Question

Show that the four points having position vectors $6\hat{i}-7\hat{j},16\hat{i}-19\hat{j}-4\hat{k},3\hat{j}-6\hat{k},2\hat{i}-5\hat{j}+10\hat{k}$ are coplanar.

Answer 1

Let the given four points be $P,Q,R$ and $S$ respectively. Three points are coplanar if the vectors $\overrightarrow{PQ},\overrightarrow{PR}$ and $\overrightarrow{PS}$ are coplanar. These vectors are coplanar iff one of them can be expressed as a linear combination of the other two.

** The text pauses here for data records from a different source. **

-- ===== src/Collector/Scan/Falls.antt =====
-- Each round of `_mark_reachable` that marks an object marks one that was not marked before.
use sgcl.Base.{
  ℕ, ◌+◌, ◌*◌, ◌/◌, ◌%◌, ◌^◌, ◌<◌, ◌≡◌, refl, sym, ap, ◌∙◌, arith, true, false, ◌==◌, inl, inr, ◌⊎◌,
  List, Bool-cases, ==→eq, for_range, for_range_inv,
}
use sgcl.Base.Bits.{testbit, has, has-pow}
use sgcl.Heap.{Heap, flag_at}
use sgcl.Collector.Bits.{is_registered, is_reachable, is_marked, testbit-drop}
use sgcl.Collector.Frame.{CacheOk}
use sgcl.Collector.Measure.{IsWithin, IsWithin-Frame, unmarked, unmarked_mono, unmarked_strict}
use sgcl.Collector.Mark.Cover.{Step-refl}
use sgcl.Collector.Mark.Queue.{IsFlagged}
use sgcl.Collector.Scan.{Scan, visit, scan_bit, drop_marked}
use sgcl.Collector.Scan.Flag.{is_reachable-put_flag, is_marked-put_flag}
use sgcl.Collector.Scan.Keeps.{is_reachable-object}
use sgcl.Collector.Scan.Steps.{StepFrom, StepFrom-trans}
use sgcl.Collector.Scan.Visit.{visit-Visited}

-- No object is reachable and marked at once.
abbrev pub IsFresh : Heap → Type 0
IsFresh h = (b k : ℕ) → is_reachable h b k ≡ true → is_marked h b k ≡ false

-- But for the first `j` objects of group `i` of page `a`.
abbrev pub IsFreshFrom : ℕ → ℕ → ℕ → Heap → Type 0
IsFreshFrom a i j h =
    (b k : ℕ)
    → is_reachable h b k ≡ true
    → is_marked h b k ≡ true
    → (b ≡ a) × (k / 64 ≡ i) × (k % 64 < j)

pub visit-IsFreshFrom :
    (a i j : ℕ) (h : Heap)
    → j < 64
    → CacheOk h
    → IsFreshFrom a i j h
    → IsFreshFrom a i (j + 1) (visit a i j h)
visit-IsFreshFrom a i j h lt ok f b k r m =
    let w = visit-Visited a i j h lt ok in
    elim (Bool-cases (is_marked h b k)) [
      | inl old ↦ let p = f b k (w.fresh b k r m) old in (p.0, p.1, omega (arith, p.2))
      | inr new ↦ ground (arith, w.marks b k)
    ]

pub drop_marked-IsFresh : (a i : ℕ) (h : Heap) → IsFreshFrom a i 64 h → IsFresh (drop_marked a i h)
unfolding drop_marked
drop_marked-IsFresh a i h f b k r = ground (
  arith,
  is_reachable-put_flag a i _ h b k,
  is_marked-put_flag a i _ h b k,
  testbit-drop (flag_at h a i).reachable (flag_at h a i).marked (k % 64),
  f b k,
)

-- What the passes need of a heap to end.
pub record IsReady (h : Heap) : Type 0 where
  pub cache : CacheOk h
  pub flags : IsFlagged h
  pub fresh : IsFresh h

module _ (size : ℕ → ℕ) (pages : List ℕ) where
  -- Nothing was done, or an object was marked.
  abbrev pub Moved : Scan → Scan → Type 0
  Moved s t =
      (t ≡ s) ⊎ ((t.marked ≡ true) × (unmarked size pages t.heap < unmarked size pages s.heap))

  -- The first `j` rounds of the loop over the bits of group `i`.
  pub record Bits (a i : ℕ) (s : Scan) (j : ℕ) (t : Scan) : Type 0 where
    pub step : StepFrom s.heap t.heap
    pub fresh : IsFreshFrom a i j t.heap
    pub moved : Moved s t
    pub still : t ≡ s → (k : ℕ) → k < j → testbit (flag_at s.heap a i).reachable k ≡ false

  visit-unmarked :
      (a i j : ℕ) (h : Heap)
      → j < 64
      → CacheOk h
      → IsWithin size pages h
      → is_registered h a (i * 64 + j) ≡ true
      → is_marked h a (i * 64 + j) ≡ false
      → unmarked size pages (visit a i j h) < unmarked size pages h
  visit-unmarked a i j h lt ok w r m =
      let v = visit-Visited a i j h lt ok in
      unmarked_strict size pages a (i * 64 + j) v.step.frame v.step.marks w r m
        (ground (arith, v.marks a (i * 64 + j)))

  module _ (a i : ℕ) (s : Scan) (w : IsWithin size pages s.heap) (f : IsFlagged s.heap) where
    bit-visit :
        (j : ℕ) (t : Scan)
        → j < 64
        → testbit (flag_at t.heap a i).reachable j ≡ true
        → Bits a i s j t
        → Bits a i s (j + 1) (record { heap = visit a i j t.heap; marked = true })
    bit-visit j t lt r b =
        let v = visit-Visited a i j t.heap lt b.step.1 in
        let there = is_reachable-object a i j t.heap lt ∙ r in
        let less =
          visit-unmarked a i j t.heap lt b.step.1 (IsWithin-Frame size pages b.step.0.frame w)
            (IsFlagged.registered (b.step.0.flags f) a (i * 64 + j) there)
            (not_marked there (b.fresh a (i * 64 + j))) in
        let le = unmarked_mono size pages b.step.0.frame b.step.0.marks in
        record {
          step = StepFrom-trans b.step (v.step, v.step.cache b.step.1);
          fresh = visit-IsFreshFrom a i j t.heap lt b.step.1 b.fresh;
          moved = inr (refl, omega (arith, less, le));
          still = λ e.
              absurd (omega (arith, less, le, ap (λ (x : Scan). unmarked size pages x.heap) e));
        }
      where
        not_marked :
            is_reachable t.heap a (i * 64 + j) ≡ true
            → (is_reachable t.heap a (i * 64 + j) ≡ true
                → is_marked t.heap a (i * 64 + j) ≡ true
                → (a ≡ a) × ((i * 64 + j) / 64 ≡ i) × ((i * 64 + j) % 64 < j))
            → is_marked t.heap a (i * 64 + j) ≡ false
        not_marked r f = elim (Bool-cases (is_marked t.heap a (i * 64 + j))) [
          | inl m ↦ let p = f r m in absurd (omega (arith, p.2))
          | inr m ↦ m
        ]

    bit-pass :
        (j : ℕ) (t : Scan)
        → testbit (flag_at t.heap a i).reachable j ≡ false
        → Bits a i s j t
        → Bits a i s (j + 1) t
    bit-pass j t r b = record {
      step = b.step;
      fresh = λ c k x y. let p = b.fresh c k x y in (p.0, p.1, omega (arith, p.2));
      moved = b.moved;
      still = λ e k lt. elim (Bool-cases (k == j)) [
        | inl q ↦
            ap (λ n. testbit (flag_at s.heap a i).reachable n) (==→eq k j q)
            ∙ ap (λ (x : Scan). testbit (flag_at x.heap a i).reachable j) (sym e)
            ∙ r
        | inr q ↦ b.still e k (ground arith)
      ];
    }

    pub bit : (j : ℕ) (t : Scan) → j < 64 → Bits a i s j t → Bits a i s (j + 1) (scan_bit a i j t)
    unfolding scan_bit
    bit j t lt b = elim (Bool-cases (has (flag_at t.heap a i).reachable (2 ^ j))) [
      | inl q ↦ rw q (bit-visit j t lt (sym (has-pow _ j) ∙ q) b)
      | inr q ↦ rw q (bit-pass j t (sym (has-pow _ j) ∙ q) b)
    ]

    pub bits : CacheOk s.heap → IsFresh s.heap → Bits a i s 64 (for_range 64 0 (scan_bit a i) s)
    bits ok fresh =
        for_range_inv (Bits a i s) (scan_bit a i) 64 0 64 s (omega arith)
          (λ j t lo hi b. bit j t hi b)
          (record {
            step = (Step-refl s.heap, ok);
            fresh = λ c k x y. absurd (ground (arith, fresh c k));
            moved = inl refl;
            still = λ e k lt. absurd (omega arith);
          })
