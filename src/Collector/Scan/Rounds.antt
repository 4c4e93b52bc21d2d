-- ===== src/Collector/Scan/Rounds.antt =====
-- The rounds of `_mark_reachable` on a page: one that marks nothing finds no reachable object.
use sgcl.Base.{
  ℕ, zero, suc, ◌<◌, ◌≡◌, refl, ap, ◌∙◌, arith, true, inl, inr, List, Bool-cases, for_range, while,
}
use sgcl.Base.Bits.{eq_zero_of_testbit}
use sgcl.Heap.{flag_at}
use sgcl.Collector.Measure.{IsWithin, IsWithin-Frame, unmarked, unmarked_mono}
use sgcl.Collector.Mark.Cover.{Step, Step-refl, Step-trans}
use sgcl.Collector.Mark.Queue.{IsFlagged}
use sgcl.Collector.Scan.{Scan, scan_bit, drop_marked, scan_bits, has_reachable, scan_word}
use sgcl.Collector.Scan.Keeps.{drop_marked-Step}
use sgcl.Collector.Scan.Falls.{IsReady, Moved, Bits, bits, drop_marked-IsFresh}

module _ (size : ℕ → ℕ) (pages : List ℕ) where
  -- A stretch of the rounds, which leaves the heap ready for the next one.
  pub record Round (s t : Scan) : Type 0 where
    pub step : Step s.heap t.heap
    pub ready : IsReady t.heap
    pub moved : Moved size pages s t

  Round-refl : (s : Scan) → IsReady s.heap → Round s s
  Round-refl s r = record { step = Step-refl s.heap; ready = r; moved = inl refl }

  pub Round-trans : {s t u : Scan} → IsWithin size pages s.heap → Round s t → Round t u → Round s u
  Round-trans {s} {t} {u} w p q = record {
    step = Step-trans p.step q.step;
    ready = q.ready;
    moved = both p.moved q.moved;
  }
    where
      both : Moved size pages s t → Moved size pages t u → Moved size pages s u
      both (inl e) (inl e') = inl (e' ∙ e)
      both (inl e) (inr m) =
          inr (m.0, omega (arith, m.1, ap (λ (x : Scan). unmarked size pages x.heap) e))
      both (inr m) (inl e) = inr (
        ap (λ (x : Scan). x.marked) e ∙ m.0,
        omega (arith, m.1, ap (λ (x : Scan). unmarked size pages x.heap) e),
      )
      both (inr m) (inr n) = inr (n.0, omega (arith, m.1, n.1))

  -- A round over a word that is not zero marks an object.
  round :
      (a i : ℕ) (s : Scan)
      → IsWithin size pages s.heap
      → IsReady s.heap
      → has_reachable a i s ≡ true
      → Round s (scan_bits a i s)
        × ((scan_bits a i s).marked ≡ true)
        × (unmarked size pages (scan_bits a i s).heap < unmarked size pages s.heap)
  unfolding scan_bits
  round a i s w r t = (
    record {
      step = Step-trans b.step.0 last;
      ready = record {
        cache = last.cache b.step.1;
        flags = last.flags (b.step.0.flags r.flags);
        fresh = drop_marked-IsFresh a i u.heap b.fresh;
      };
      moved = inr (did.0, less);
    },
    did.0,
    less,
  )
    where
      u : Scan
      u = for_range 64 0 (scan_bit a i) s

      b : Bits size pages a i s 64 u
      b = bits size pages a i s w r.flags r.cache r.fresh

      last : Step u.heap (drop_marked a i u.heap)
      last = drop_marked-Step a i u.heap

      did : (u.marked ≡ true) × (unmarked size pages u.heap < unmarked size pages s.heap)
      did = elim b.moved [
        | inr m ↦ m
        | inl e ↦ absurd (
            ground (
              arith,
              eq_zero_of_testbit 64 (flag_at s.heap a i).reachable (IsFlagged.small r.flags a i)
                  (b.still e),
            ))
      ]

      less : unmarked size pages (drop_marked a i u.heap) < unmarked size pages s.heap
      less = omega (arith, did.1, unmarked_mono size pages last.frame last.marks)

  -- `while (flag.reachable)`: with enough fuel it ends by its test.
  pub word-Round :
      (fuel a i : ℕ) (s : Scan)
      → IsWithin size pages s.heap
      → IsReady s.heap
      → unmarked size pages s.heap < fuel
      → Round s (scan_word fuel a i s) × ((flag_at (scan_word fuel a i s).heap a i).reachable ≡ 0)
  unfolding scan_word while
  word-Round zero a i s w r lt = absurd (omega arith)
  word-Round (suc fuel) a i s w r lt = elim (Bool-cases (has_reachable a i s)) [
    | inr f ↦ rw (f, while) (Round-refl s r, ground arith)
    | inl t ↦
        let p = round a i s w r t in
        let q =
          word-Round fuel a i (scan_bits a i s) (IsWithin-Frame size pages p.0.step.frame w)
            p.0.ready (omega (arith, p.2)) in
        rw (t, while) (Round-trans w p.0 q.0, q.1)
  ]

So, let
$$\begin{gathered} \overrightarrow{PQ}=x\overrightarrow{PR}+y\overrightarrow{PS}. \\ 10\hat{i}-12\hat{j}-4\hat{k}=x\left(-6\hat{i}+10\hat{j}-6\hat{k}\right)+y\left(-4\hat{i}+2\hat{j}+10\hat{k}\right). \\ \Rightarrow 10\hat{i}-12\hat{j}-4\hat{k}=\hat{i}\left(-6x-4y\right)+\hat{j}\left(10x+2y\right)+\hat{k}\left(-6x+10y\right). \end{gathered}$$
$\Rightarrow -6x-4y=10,10x+2y=-12$ and $-6x+10y=-4.$ [ Equating coefficients of $\hat{i},\hat{j},\hat{k}$ on both sides]
Solving the first of these three equations, we get $x=-1$ and $y=-1$. These values also satisfy the third equation.
Hence, the given four points are coplanar.